TASK DETAILS:
Every line of the material that mentions the word "exhausted" should be copied out.

DATASET CONTENT:
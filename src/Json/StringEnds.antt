-- ===== src/Json/StringEnds.antt =====
-- Skip and String of src/zdex/src/Json.cpp return on every text, with no more bytes left than there
-- were.
use Prim.Native.Nat.{bit_or}
use zircon_dumper.Prelude.{
  not, get_or, ◌&&◌, Option-cases, ℕ, zero, suc, ◌*◌, ◌≤◌, ◌<◌, Bool, true, false, Option, none,
  some, [], ◌∷◌, ◌++◌, leb, ltb, ◌==◌, if◌then◌else◌, drop, length, length-drop, arith, Bool-cases,
  inl, inr,
}
use zircon_dumper.Prelude.Preds.{Bytes}
use zircon_dumper.Json.{
  unterminated_string, Parsed, parsed, stopped, exhausted, is_blank, skip, hex_value, hex_loop,
  join_low, join_surrogates, after_code, unicode, escape, one_char, string_loop, parse_string,
}

-- The function returned, with at most `n` bytes left.
abbrev pub Within : {A : Type 0} → ℕ → Parsed A → Type 0
Within n (parsed v cs) = length cs ≤ n
Within n (stopped e cs) = Unit
Within n exhausted = ⊥

pub Within-later : {A : Type 0} (m n : ℕ) (p : Parsed A) → m ≤ n → Within m p → Within n p
Within-later m n (parsed v cs) le h = omega arith
Within-later m n (stopped e cs) le h = tt
Within-later m n exhausted le h = h

pub skip_le : (cs : Bytes) → length (skip cs) ≤ length cs
unfolding skip
skip_le [] = omega arith
skip_le (c ∷ cs) = elim (Bool-cases (is_blank c)) [
  | inl blank ↦ rw blank (omega (arith, skip_le cs))
  | inr other ↦ rw other (omega arith)
]

hex_loop-Within : (n cp : ℕ) (cs : Bytes) → Within (length cs) (hex_loop n cp cs)
unfolding hex_loop
hex_loop-Within zero cp cs = omega arith
hex_loop-Within (suc n) cp [] = tt
hex_loop-Within (suc n) cp (h ∷ cs) = elim (Option-cases (hex_value h)) [
  | inl e ↦ rw (hex_loop, e) tt
  | inr (d, e) ↦
      let next = hex_loop n (bit_or (cp * 16) d) cs in
      rw (hex_loop, e)
        (Within-later (length cs) (suc (length cs)) next (omega arith)
          (hex_loop-Within n (bit_or (cp * 16) d) cs))
]

join_low_le :
    (cp : ℕ) (cs : Bytes) (p : Parsed ℕ)
    → Within (length cs) p
    → length ((join_low cp cs p).1) ≤ length cs
unfolding join_low
join_low_le cp cs (parsed low rest) le = elim (Bool-cases (leb 56320 low && leb low 57343)) [
  | inl half ↦ rw half le
  | inr other ↦ rw other (omega arith)
]
join_low_le cp cs (stopped e rest) le = omega arith
join_low_le cp cs exhausted le = omega arith

join_surrogates_le : (cp : ℕ) (cs : Bytes) → length ((join_surrogates cp cs).1) ≤ length cs
unfolding join_surrogates
join_surrogates_le cp cs =
    let low = hex_loop 4 0 (drop 2 cs) in
    let low_le =
      Within-later (length (drop 2 cs)) (length cs) low (omega (arith, length-drop 2 cs))
        (hex_loop-Within 4 0 (drop 2 cs)) in
    elim (Bool-cases (
      leb 55296 cp
      && leb cp 56319
      && leb 6 (length cs)
      && (get_or cs 0 0 == 92)
      && (get_or cs 1 0 == b'u'))) [
        | inl high ↦ rw high (join_low_le cp cs low low_le)
        | inr other ↦ rw other (omega arith)
      ]

after_code-Within : (n : ℕ) (p : Parsed ℕ) → Within n p → Within n (after_code p)
unfolding after_code
after_code-Within n (parsed cp cs) le = omega (arith, join_surrogates_le cp cs)
after_code-Within n (stopped e cs) le = tt
after_code-Within n exhausted h = h

unicode-Within : (cs : Bytes) → Within (length cs) (unicode cs)
unfolding unicode
unicode-Within cs = elim (Bool-cases (ltb (length cs) 4)) [
  | inl short ↦ rw short tt
  | inr long ↦ rw long (after_code-Within (length cs) (hex_loop 4 0 cs) (hex_loop-Within 4 0 cs))
]

-- An `if` whose branches both return.
pub if-Within :
    {A : Type 0} (n : ℕ) (b : Bool) (p q : Parsed A)
    → Within n p
    → Within n q
    → Within n (if b then p else q)
if-Within n true p q first second = first
if-Within n false p q first second = second

escape-Within : (esc : ℕ) (cs : Bytes) → Within (length cs) (escape esc cs)
unfolding escape
escape-Within esc cs =
    let kept : length cs ≤ length cs = omega arith in
    if-Within _ (esc == 34) _ _ kept (
      if-Within _ (esc == 92) _ _ kept (
        if-Within _ (esc == b'/') _ _ kept (
          if-Within _ (esc == b'b') _ _ kept (
            if-Within _ (esc == b'f') _ _ kept (
              if-Within _ (esc == b'n') _ _ kept (
                if-Within _ (esc == b'r') _ _ kept (
                  if-Within _ (esc == b't') _ _ kept
                    (if-Within _ (esc == b'u') _ _ (unicode-Within cs) tt))))))))

one_char-Within : (c : ℕ) (cs : Bytes) → Within (length cs) (one_char c cs)
unfolding one_char
one_char-Within c cs =
    let kept : length cs ≤ length cs = omega arith in
    if-Within _ (c == 34) _ _ kept (if-Within _ (not (c == 92)) _ _ kept (escaped cs))
  where
    escaped :
        (cs : Bytes)
        → Within (length cs) (elim cs [
          | [] ↦ stopped unterminated_string []
          | esc ∷ rest ↦ elim (escape esc rest) [
            | parsed bytes left ↦ parsed (some bytes) left
            | stopped e left ↦ stopped e left
            | exhausted ↦ exhausted
          ]
        ])
    escaped [] = tt
    escaped (esc ∷ rest) = as_some (escape esc rest) (escape-Within esc rest)
      where
        as_some :
            (p : Parsed Bytes)
            → Within (length rest) p
            → Within (suc (length rest)) (elim p [
              | parsed bytes left ↦ parsed (some bytes) left
              | stopped e left ↦ stopped e left
              | exhausted ↦ exhausted
            ])
        as_some (parsed bytes left) le = omega arith
        as_some (stopped e left) le = tt
        as_some exhausted le = le

-- A round of String.
abbrev string_next : ℕ → Bytes → Parsed (Option Bytes) → Parsed Bytes
string_next f out p = elim p [
  | parsed none left ↦ parsed out left
  | parsed (some bytes) left ↦ string_loop f (out ++ bytes) left
  | stopped e left ↦ stopped e left
  | exhausted ↦ exhausted
]

string_next-Within :
    (f n : ℕ) (out : Bytes) (p : Parsed (Option Bytes))
    → ((out' cs' : Bytes) → length cs' ≤ n → Within (length cs') (string_loop f out' cs'))
    → Within n p
    → Within (suc n) (string_next f out p)
string_next-Within f n out (parsed none left) ih le = omega arith
string_next-Within f n out (parsed (some bytes) left) ih le =
    Within-later (length left) (suc n) (string_loop f (out ++ bytes) left) (omega arith)
      (ih (out ++ bytes) left le)
string_next-Within f n out (stopped e left) ih le = tt
string_next-Within f n out exhausted ih le = le

-- The loop of String returns when it has more rounds than there are bytes.
string_loop-Within :
    (f : ℕ) (out cs : Bytes) → length cs < f → Within (length cs) (string_loop f out cs)
unfolding string_loop
string_loop-Within zero out cs enough = absurd (omega arith)
string_loop-Within (suc f) out [] enough = tt
string_loop-Within (suc f) out (c ∷ cs) enough =
    string_next-Within f (length cs) out (one_char c cs)
      (λ out' cs' le. string_loop-Within f out' cs' (omega arith)) (one_char-Within c cs)

pub parse_string-Within : (cs : Bytes) → Within (length cs) (parse_string cs)
unfolding parse_string
parse_string-Within [] = tt
parse_string-Within (c ∷ cs) =
    if-Within _ (c == 34) _ _
      (Within-later (length cs) (suc (length cs)) (string_loop (suc (length cs)) [] cs)
        (omega arith) (string_loop-Within (suc (length cs)) [] cs (omega arith)))
      tt
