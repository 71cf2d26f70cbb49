-- ===== src/Prelude/Names.antt =====
-- Lists of texts that are used as sets: `includes`, `new Set`, and what sorting keeps of them.
use mathlib.Core.Path.{◌≡◌, refl, ◌∙◌}
use mathlib.Core.Bool.{Bool, false, not, ◌&&◌, ◌||◌}
use mathlib.Core.Logic.{inl, inr}
use nanas.Prelude.Tests.{if◌then◌else◌, Bool-cases}
use mathlib.Core.List.{List, [], ◌∷◌, ◌++◌, map}
use native.Mathlib.Omega.{arith}
use nanas.Prelude.Lists.{keep}
use nanas.Prelude.Sort.{insert_in, sort_by}
use nanas.Prelude.Text.{Text, text_eq, text_eq_iff, text_eq_refl}

-- `names.includes(k)`, `new Set(names).has(k)`
unfoldable pub contains : List Text → Text → Bool
contains [] k = false
contains (x ∷ xs) k = text_eq x k || contains xs k

pub contains-append :
    (xs ys : List Text) (k : Text) → contains (xs ++ ys) k ≡ (contains xs k || contains ys k)
unfolding contains
contains-append [] ys k = refl
contains-append (x ∷ xs) ys k = ground (arith, contains-append xs ys k)

pub contains-added :
    {A : Type 0} (f : A → Text) (xs : List A) (a : A) (k : Text)
    → contains (map f (xs ++ (a ∷ []))) k ≡ (contains (map f xs) k || text_eq (f a) k)
unfolding contains
contains-added f [] a k = ground arith
contains-added f (x ∷ xs) a k = ground (arith, contains-added f xs a k)

-- No name stands twice.
abbrev pub IsDistinct : List Text → Type 0
IsDistinct [] = Unit
IsDistinct (x ∷ xs) = (contains xs x ≡ false) × IsDistinct xs

-- The items whose name is another one.
pub contains-keep :
    {A : Type 0} (f : A → Text) (xs : List A) (name k : Text)
    → contains (map f (keep (λ x. not (text_eq (f x) name)) xs)) k
      ≡ (contains (map f xs) k && not (text_eq name k))
unfolding contains
contains-keep f [] name k = refl
contains-keep f (x ∷ xs) name k = ground (
  arith,
  contains-keep f xs name k,
  text_eq_iff (f x) name,
  text_eq_iff (f x) k,
  text_eq_iff name k,
)

contains-insert_in :
    {A : Type 0} (f : A → Text) (r : A → A → Bool) (a : A) (xs : List A) (k : Text)
    → contains (map f (insert_in r a xs)) k ≡ (text_eq (f a) k || contains (map f xs) k)
unfolding contains insert_in
contains-insert_in f r a [] k = refl
contains-insert_in f r a (x ∷ xs) k = ground (arith, contains-insert_in f r a xs k)

pub contains-sort_by :
    {A : Type 0} (f : A → Text) (r : A → A → Bool) (xs : List A) (k : Text)
    → contains (map f (sort_by r xs)) k ≡ contains (map f xs) k
unfolding contains sort_by
contains-sort_by f r [] k = refl
contains-sort_by f r (x ∷ xs) k =
    ground (arith, contains-insert_in f r x (sort_by r xs) k, contains-sort_by f r xs k)

insert_in-IsDistinct :
    {A : Type 0} (f : A → Text) (r : A → A → Bool) (a : A) (xs : List A)
    → contains (map f xs) (f a) ≡ false
    → IsDistinct (map f xs)
    → IsDistinct (map f (insert_in r a xs))
unfolding contains insert_in
insert_in-IsDistinct f r a [] fresh h = (refl, tt)
insert_in-IsDistinct f r a (x ∷ xs) fresh h = ground (
  arith,
  insert_in-IsDistinct f r a xs,
  contains-insert_in f r a xs (f x),
  text_eq_iff (f a) (f x),
  text_eq_iff (f x) (f a),
)

pub sort_by-IsDistinct :
    {A : Type 0} (f : A → Text) (r : A → A → Bool) (xs : List A)
    → IsDistinct (map f xs)
    → IsDistinct (map f (sort_by r xs))
unfolding sort_by
sort_by-IsDistinct f r [] h = tt
sort_by-IsDistinct f r (x ∷ xs) h =
    insert_in-IsDistinct f r x (sort_by r xs) (contains-sort_by f r xs (f x) ∙ h.0)
      (sort_by-IsDistinct f r xs h.1)

-- The items whose name is none of those seen, each name once: what a `Set` keeps of a list.
unfoldable pub unique : {A : Type 0} (f : A → Text) → (seen : List Text) → List A → List A
unfolding contains
unique f seen [] = []
unique f seen (x ∷ xs) =
    let rest = unique f (f x ∷ seen) xs in
    let skipped = unique f seen xs in if contains seen (f x) then skipped else x ∷ rest

pub contains-unique :
    {A : Type 0} (f : A → Text) (seen : List Text) (xs : List A) (k : Text)
    → contains (map f (unique f seen xs)) k ≡ (contains (map f xs) k && not (contains seen k))
unfolding unique contains
contains-unique f seen [] k = refl
contains-unique f seen (x ∷ xs) k =
    let first = contains-unique f (f x ∷ seen) xs k in
    let again = contains-unique f seen xs k in ground (arith, first, again, text_eq_iff (f x) k)

pub unique-IsDistinct :
    {A : Type 0} (f : A → Text) (seen : List Text) (xs : List A)
    → IsDistinct (map f (unique f seen xs))
unfolding unique
unique-IsDistinct f seen [] = tt
unique-IsDistinct f seen (x ∷ xs) = elim (Bool-cases (contains seen (f x))) [
  | inl old ↦ rw old (unique-IsDistinct f seen xs)
  | inr new ↦
      let apart = contains-unique f (f x ∷ seen) xs (f x) in
      rw new (
        unfold contains in ground (arith, apart, text_eq_refl (f x)),
        unique-IsDistinct f (f x ∷ seen) xs,
      )
]

contains-keep-no :
    {A : Type 0} (f : A → Text) (p : A → Bool) (xs : List A) (k : Text)
    → contains (map f xs) k ≡ false
    → contains (map f (keep p xs)) k ≡ false
unfolding contains
contains-keep-no f p [] k h = refl
contains-keep-no f p (x ∷ xs) k h = ground (arith, contains-keep-no f p xs k)

pub keep-IsDistinct :
    {A : Type 0} (f : A → Text) (p : A → Bool) (xs : List A)
    → IsDistinct (map f xs)
    → IsDistinct (map f (keep p xs))
keep-IsDistinct f p [] h = tt
keep-IsDistinct f p (x ∷ xs) h =
    ground (arith, keep-IsDistinct f p xs h.1, contains-keep-no f p xs (f x) h.0)
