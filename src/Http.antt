-- ===== src/Http.antt =====
-- The parts of the Fetch standard that both clients use: header lists, whose names are compared
-- without case, requests and responses.
use nanas.Prelude.{
  ℕ, ◌≡◌, Bool, false, not, ◌&&◌, List, Option, none, some, leb, ltb, if◌then◌else◌, is_some,
}
use nanas.Prelude.Text.{Text, codes, to_lower, lookup, insert, lookup-insert, is_empty, text_eq}

-- A header list, keyed by the lower-case name.
abbrev pub Headers : Type 0
Headers = List (Text × Text)

-- `headers.get(name)`; `none` is `null`.
unfoldable pub get_header : Text → Headers → Option Text
get_header name h = lookup (to_lower name) h

-- `headers.set(name, value)`
unfoldable pub set_header : Text → Text → Headers → Headers
set_header name value h = insert (to_lower name) value h

-- `headers.has(name)`
unfoldable pub has_header : Text → Headers → Bool
has_header name h = is_some (get_header name h)

pub record Request : Type 0 where
  pub method : Text
  pub url : Text
  pub headers : Headers

pub record Response : Type 0 where
  pub status : ℕ
  pub status_text : Text
  pub text : Text

-- `response.ok`
unfoldable pub is_ok : Response → Bool
is_ok r = leb 200 r.status && ltb r.status 300

-- A text in a condition: missing and empty are both false.
abbrev pub truthy : Option Text → Bool
truthy none = false
truthy (some s) = not (is_empty s)

abbrev pub same_name : Text → Text → Bool
same_name a b = text_eq (to_lower a) (to_lower b)

pub get_header-set_header :
    (name other value : Text) (h : Headers)
    → get_header other (set_header name value h)
      ≡ (if same_name name other then some value else get_header other h)
unfolding get_header set_header
get_header-set_header name other value h = lookup-insert (to_lower name) (to_lower other) value h

abbrev pub authorization : Text
authorization = codes "Authorization"

abbrev pub accept_language : Text
accept_language = codes "Accept-Language"
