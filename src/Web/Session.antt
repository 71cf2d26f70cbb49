-- ===== src/Web/Session.antt =====
-- web/src/auth/session.ts: the signed-in session. `persist` writes the three fields of the state
-- to `localStorage` after each change.
pub mod Laws
use nanas.Prelude.{
  ℕ, ◌+◌, ◌-◌, ◌*◌, ◌/◌, Bool, true, false, not, ◌&&◌, ◌||◌, List, [], ◌∷◌, ◌++◌, map, Option, none,
  some, if◌then◌else◌, ◌==◌, or_else, or_option, and_then, length, replicate, all, get_elem?,
}
use nanas.Prelude.Text.{Text, codes, is_empty}
use nanas.Prelude.Json.{Json, null, bool, num, str, property}
use nanas.Http.{truthy}

pub data AuthMode : Type 0 where
  jwt api_key : AuthMode

pub data PlatformRole : Type 0 where
  super_admin staff user : PlatformRole

-- The claims of a token are taken over as they stand, so the fields hold any JSON value.
pub record SessionUser : Type 0 where
  pub id : Json
  pub email : Json
  pub platform_role : Option Json

pub record SessionState : Type 0 where
  pub token : Option Text
  pub mode : AuthMode
  pub user : Option SessionUser

abbrev pub initial : SessionState
initial = record { token = none; mode = jwt; user = none }

-- `token.split('.')`
unfoldable pub split_dot : Text → List Text
split_dot [] = [] ∷ []
split_dot (c ∷ s) =
    let rest = split_dot s in
    if c == b'.' then [] ∷ rest else elim rest [ [] ↦ (c ∷ []) ∷ [] | p ∷ ps ↦ (c ∷ p) ∷ ps ]

-- `.replace(/-/g, '+').replace(/_/g, '/')`
unfoldable pub from_url_alphabet : ℕ → ℕ
from_url_alphabet c =
    let plus = if c == b'-' then b'+' else c in if plus == b'_' then b'/' else plus

-- `s.padEnd(Math.ceil(s.length / 4) * 4, '=')`
unfoldable pub pad : Text → Text
pad s = s ++ replicate ((length s + 3) / 4 * 4 - length s) b'='

-- A number literal that stands for zero: no other digit before the exponent.
unfoldable pub is_zero_literal : Text → Bool
is_zero_literal [] = true
is_zero_literal (c ∷ s) =
    let rest = is_zero_literal s in
    if (c == b'e') || (c == b'E') then true else ((c == b'0') || (c == b'.') || (c == b'-')) && rest

-- A value in a condition.
unfoldable pub truthy_json : Json → Bool
truthy_json null = false
truthy_json (bool b) = b
truthy_json (num s) = not (is_zero_literal s)
truthy_json (str s) = not (is_empty s)
truthy_json _ = true

-- `??` passes over null as well as over a missing value.
unfoldable pub not_null : Option Json → Option Json
not_null none = none
not_null (some null) = none
not_null (some v) = some v

unfoldable pub api_key_user : SessionUser
api_key_user = record {
  id = str (codes "api-key");
  email = str (codes "API key session");
  platform_role = none;
}

-- `atob` and `JSON.parse` are the platform's; `none` where they throw.
module _ (atob : Text → Option Text) (parse : Text → Option Json) where
  unfoldable pub claims : Text → Option Json
  claims token = and_then (get_elem? (split_dot token) 1) (λ (part : Text).
      if is_empty part then none else and_then (atob (pad (map from_url_alphabet part))) parse)

  unfoldable pub decode_jwt : Text → Option SessionUser
  decode_jwt token = and_then (claims token) (λ (payload : Json).
      and_then
        (or_option (not_null (property (codes "sub") payload))
          (not_null (property (codes "user_id") payload)))
        (λ (sub : Json).
          if truthy_json sub
          then some (record {
            id = sub;
            email = or_else (not_null (property (codes "email") payload)) (str (codes ""));
            platform_role = property (codes "platform_role") payload;
          })
          else none))

  -- `setSession`; the mode is 'jwt' where none is given.
  unfoldable pub set_session : Text → Option AuthMode → Option SessionUser → SessionState
  set_session token given_mode given_user =
      let mode = or_else given_mode jwt in
      record {
        token = some token;
        mode = mode;
        user =
            or_option given_user
              (elim mode [ jwt ↦ decode_jwt token | api_key ↦ some api_key_user ]);
      }

unfoldable pub set_user : Option SessionUser → SessionState → SessionState
set_user u s = record s { user = u }

unfoldable pub clear : SessionState → SessionState
clear s = record { token = none; mode = jwt; user = none }

unfoldable pub is_authenticated : SessionState → Bool
is_authenticated s = truthy s.token
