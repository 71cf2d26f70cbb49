-- ===== src/Web/Client.antt =====
-- web/src/api/client.ts: the middleware of the console's client, and its requests outside of it.
pub mod Laws
use nanas.Prelude.{
  ℕ, Bool, true, false, not, ◌&&◌, ◌||◌, List, [], ◌∷◌, ◌++◌, Option, none, some, if◌then◌else◌,
  ◌==◌, or_else,
}
use nanas.Prelude.Text.{Text, codes, is_empty, starts_with}
use nanas.Prelude.Json.{Json}
use nanas.Http.{
  Headers, get_header, set_header, truthy, authorization, accept_language, Request, Response, is_ok,
}
use nanas.Web.Session.{SessionState, clear}
use nanas.Web.Problem.{
  ProblemMessage, ProblemBody, ProblemError, problem_error, is_problem, is_indonesian,
}

unfoldable pub lang_header : Text → Text
lang_header language = if is_indonesian language then codes "id, en" else codes "en, id"

abbrev pub bearer : Option Text → Text
bearer token = codes "Bearer " ++ or_else token []

-- The last three lines of `onRequest`, which `rawFetch` repeats.
unfoldable pub with_token : SessionState → Headers → Headers
with_token s h =
    if truthy s.token && not (truthy (get_header authorization h))
    then set_header authorization (bearer s.token) h
    else h

unfoldable pub on_request : Text → SessionState → Request → Request
on_request language s request = record request {
  headers = with_token s (set_header accept_language (lang_header language) request.headers);
}

pub data Outcome : Type 0 where
  returned : Response → Outcome
  thrown : ProblemError → Outcome

unfoldable pub network_error : Response → ProblemBody
network_error response =
    let status_text =
      if is_empty response.status_text then codes "Request failed" else response.status_text in
    record {
      type = none;
      code = codes "NETWORK_ERROR";
      message = some (record { id = some (codes "Permintaan gagal"); en = some status_text });
      message_preferred = some status_text;
      instance_uri = none;
      errors = none;
    }

-- `JSON.parse`, and the reading of a value at the type `ProblemBody`, are the platform's.
module _ (parse : Text → Option Json) (as_body : Json → ProblemBody) where
  -- The session after the response, and what the caller gets.
  unfoldable pub on_response : Text → SessionState → Response → SessionState × Outcome
  on_response language s response =
      let body =
        if is_empty response.text then Json.null else or_else (parse response.text) Json.null in
      let s' = if (response.status == 401) && truthy s.token then clear s else s in
      if is_ok response then (s, returned response) else (
        s',
        thrown (
            problem_error language response.status
              (if is_problem body then as_body body else network_error response)),
      )

-- `baseUrl.replace(/\/$/, '')`: one slash at the end goes.
unfoldable pub strip_slash : Text → Text
strip_slash [] = []
strip_slash (c ∷ []) = if c == b'/' then [] else c ∷ []
strip_slash (c ∷ d ∷ s) = c ∷ strip_slash (d ∷ s)

-- `window` is the origin of the page, where there is a window.
unfoldable pub api_origin : (base_url : Text) (window : Option Text) → Text
api_origin base_url window =
    if not (is_empty base_url) then strip_slash base_url else or_else window []

unfoldable pub resolve_api_http_url : (base_url : Text) (window : Option Text) → Text → Text
resolve_api_http_url base_url window given =
    if starts_with given (codes "http://") || starts_with given (codes "https://")
    then given
    else api_origin base_url window
      ++ (if starts_with given (codes "/") then given else codes "/" ++ given)

unfoldable pub auth_header : SessionState → List (Text × Text)
auth_header s = if truthy s.token then (authorization, bearer s.token) ∷ [] else []

unfoldable pub xhr_api_headers : Text → SessionState → List (Text × Text)
xhr_api_headers language s =
    (accept_language, lang_header language) ∷ (codes "Accept", codes "*/*") ∷ auth_header s

-- The request that `rawFetch` hands to `fetch`.
unfoldable pub raw_fetch :
    (base_url : Text) (window : Option Text) (language : Text)
    → SessionState
    → (input method : Text) → Headers
    → Request
raw_fetch base_url window language s input method given = record {
  method = method;
  url = if starts_with input (codes "http") then input else api_origin base_url window ++ input;
  headers = with_token s (set_header accept_language (lang_header language) given);
}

ANSWER AREA:
  unterminated_string, Parsed, parsed, stopped, exhausted, is_blank, skip, hex_value, hex_loop,
Within n exhausted = ⊥
Within-later m n exhausted le h = h
join_low_le cp cs exhausted le = omega arith
after_code-Within n exhausted h = h
            | exhausted ↦ exhausted
              | exhausted ↦ exhausted
        as_some exhausted le = le
  | exhausted ↦ exhausted
string_next-Within f n out exhausted ih le = le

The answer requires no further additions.